The only time jitter - that is, subtle clock speed variations heard as distortion - affects the audio permanently is when it's being recorded along with the audio. Jitter in, say, your D/A converters doesn't affect the audio file itself, it just sounds bad while you're playing it back.

So if you believe (as I do) that digital things are happiest running off their own internal crystals, you slave all the other stuff to your A/D converter.

Sorry for being a niedermeyer, but it's very important to the world that this be clear.


----------



## Fredeke (Feb 13, 2019)

Nick Batzdorf said:


> The only time jitter - that is, subtle clock speed variations heard as distortion - affects the audio permanently is when it's being recorded along with the audio. Jitter in, say, your D/A converters doesn't affect the audio file itself, it just sounds bad while you're playing it back.
> 
> So if you believe (as I do) that digital things are happiest running off their own internal crystals, you slave all the other stuff to your A/D converter.
> 
> Sorry for being a niedermeyer, but it's very important to the world that this be clear.

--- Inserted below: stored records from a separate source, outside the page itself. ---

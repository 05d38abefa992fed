-- ===== src/Dmi/Examples.antt =====
-- The theorems of the DMI decoder, applied to concrete tables.
use breakin.Base.{◌≡◌, refl, List, [], ◌∷◌, ◌++◌, none, some, arith, All}
use breakin.Text.{Bytes, codes}
use breakin.Dmi.Strings.{clean, dmi_string}
use breakin.Dmi.Decode.{DmiData}
use breakin.Dmi.Table.{dmi_table}
use breakin.Dmi.Search.{entry_loop-enough}
use breakin.Dmi.Entry.{entry_loop, smbios_decode}
use breakin.Dmi.Safe.Nul.{IsSafe, IsStructure}
use breakin.Dmi.Safe.Decode.{Fits}
use breakin.Dmi.Safe.Table.{dmi_table-Fits}
use breakin.Dmi.Lookup.{IsItem, area, dmi_string_lem, smbios_decode_overrun}

-- a structure of type 1 (System Information), 8 bytes long, with four strings
abbrev formatted : Bytes
formatted = 1 ∷ 8 ∷ 0 ∷ 1 ∷ 1 ∷ 2 ∷ 0 ∷ 3 ∷ []

abbrev names : List Bytes
names = codes "Acme" ∷ codes "R1" ∷ codes "S9" ∷ []

abbrev system : Bytes
system = formatted ++ area names []

abbrev empty_data : DmiData
empty_data = record {
  bios_vendor = [];
  bios_version = [];
  bios_date = [];
  sys_vendor = [];
  sys_product = [];
  sys_version = [];
  sys_serial = [];
  board_vendor = [];
  board_product = [];
  board_version = [];
  board_serial = [];
}

empty_data-Fits : Fits empty_data
empty_data-Fits = record {
  bios_vendor = omega arith;
  bios_version = omega arith;
  bios_date = omega arith;
  sys_vendor = omega arith;
  sys_product = omega arith;
  sys_version = omega arith;
  sys_serial = omega arith;
  board_vendor = omega arith;
  board_product = omega arith;
  board_version = omega arith;
  board_serial = omega arith;
}

formatted-IsStructure : IsStructure formatted 0 8
formatted-IsStructure = record { size = refl; length_byte = refl; long = omega arith }

names-IsSafe : IsSafe (area names [])
names-IsSafe = ground arith

dmi_table-Fits_example :
    (d' : DmiData) × (dmi_table (some system) 20 1 empty_data ≡ some d') × Fits d'
dmi_table-Fits_example = dmi_table-Fits system 1 empty_data empty_data-Fits

names-items : All IsItem names
names-items = ground arith

dmi_string_lem_example : (m : Bytes) × (dmi_string system 0 2 ≡ some (codes "R1", m))
unfolding clean
dmi_string_lem_example = dmi_string_lem formatted [] 0 8 2 names formatted-IsStructure names-items

abbrev short_entry : Bytes
short_entry = codes "_SM_" ++ 0 ∷ 31 ∷ []

smbios_decode_overrun_example : smbios_decode (λ base len. none) short_entry 0 empty_data ≡ none
smbios_decode_overrun_example =
    smbios_decode_overrun (λ base len. none) short_entry 0 31 empty_data refl (omega arith)

entry_loop-enough_example :
    entry_loop 5000 (λ base len. none) short_entry 0 0 empty_data
    ≡ entry_loop 0x1000 (λ base len. none) short_entry 0 0 empty_data
entry_loop-enough_example =
    entry_loop-enough 5000 (λ base len. none) short_entry 0 empty_data (omega arith)
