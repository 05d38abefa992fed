-- ===== src/Dmi/Safe.antt =====
-- Memory safety of the walk over a structure table: the strings of a structure that is decoded are
-- followed by a pair of NULs inside the table, and no read passes it.
pub mod Nul
pub mod Decode
pub mod Table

Well it makes perfect sense and my hairs are never too split


----------



## dgburns (Feb 13, 2019)

Not disputing the science, external wordclocks do not improve the internal clocks.

But I wish people would just try the external wordclocks and hear for themselves. I do believe the external clocks will change the way interfaces sound, and this is evident in the recordings I’ve made.


----------



## Nick Batzdorf (Feb 13, 2019)

dgburns said:


> Not disputing the science, external wordclocks do not improve the internal clocks.
> 
> But I wish people would just try the external wordclocks and hear for themselves. I do believe the external clocks will change the way interfaces sound, and this is evident in the recordings I’ve made.



The argument is that if the external clock improves the sound, there's something wrong with the equipment's design - not that it doesn't improve it!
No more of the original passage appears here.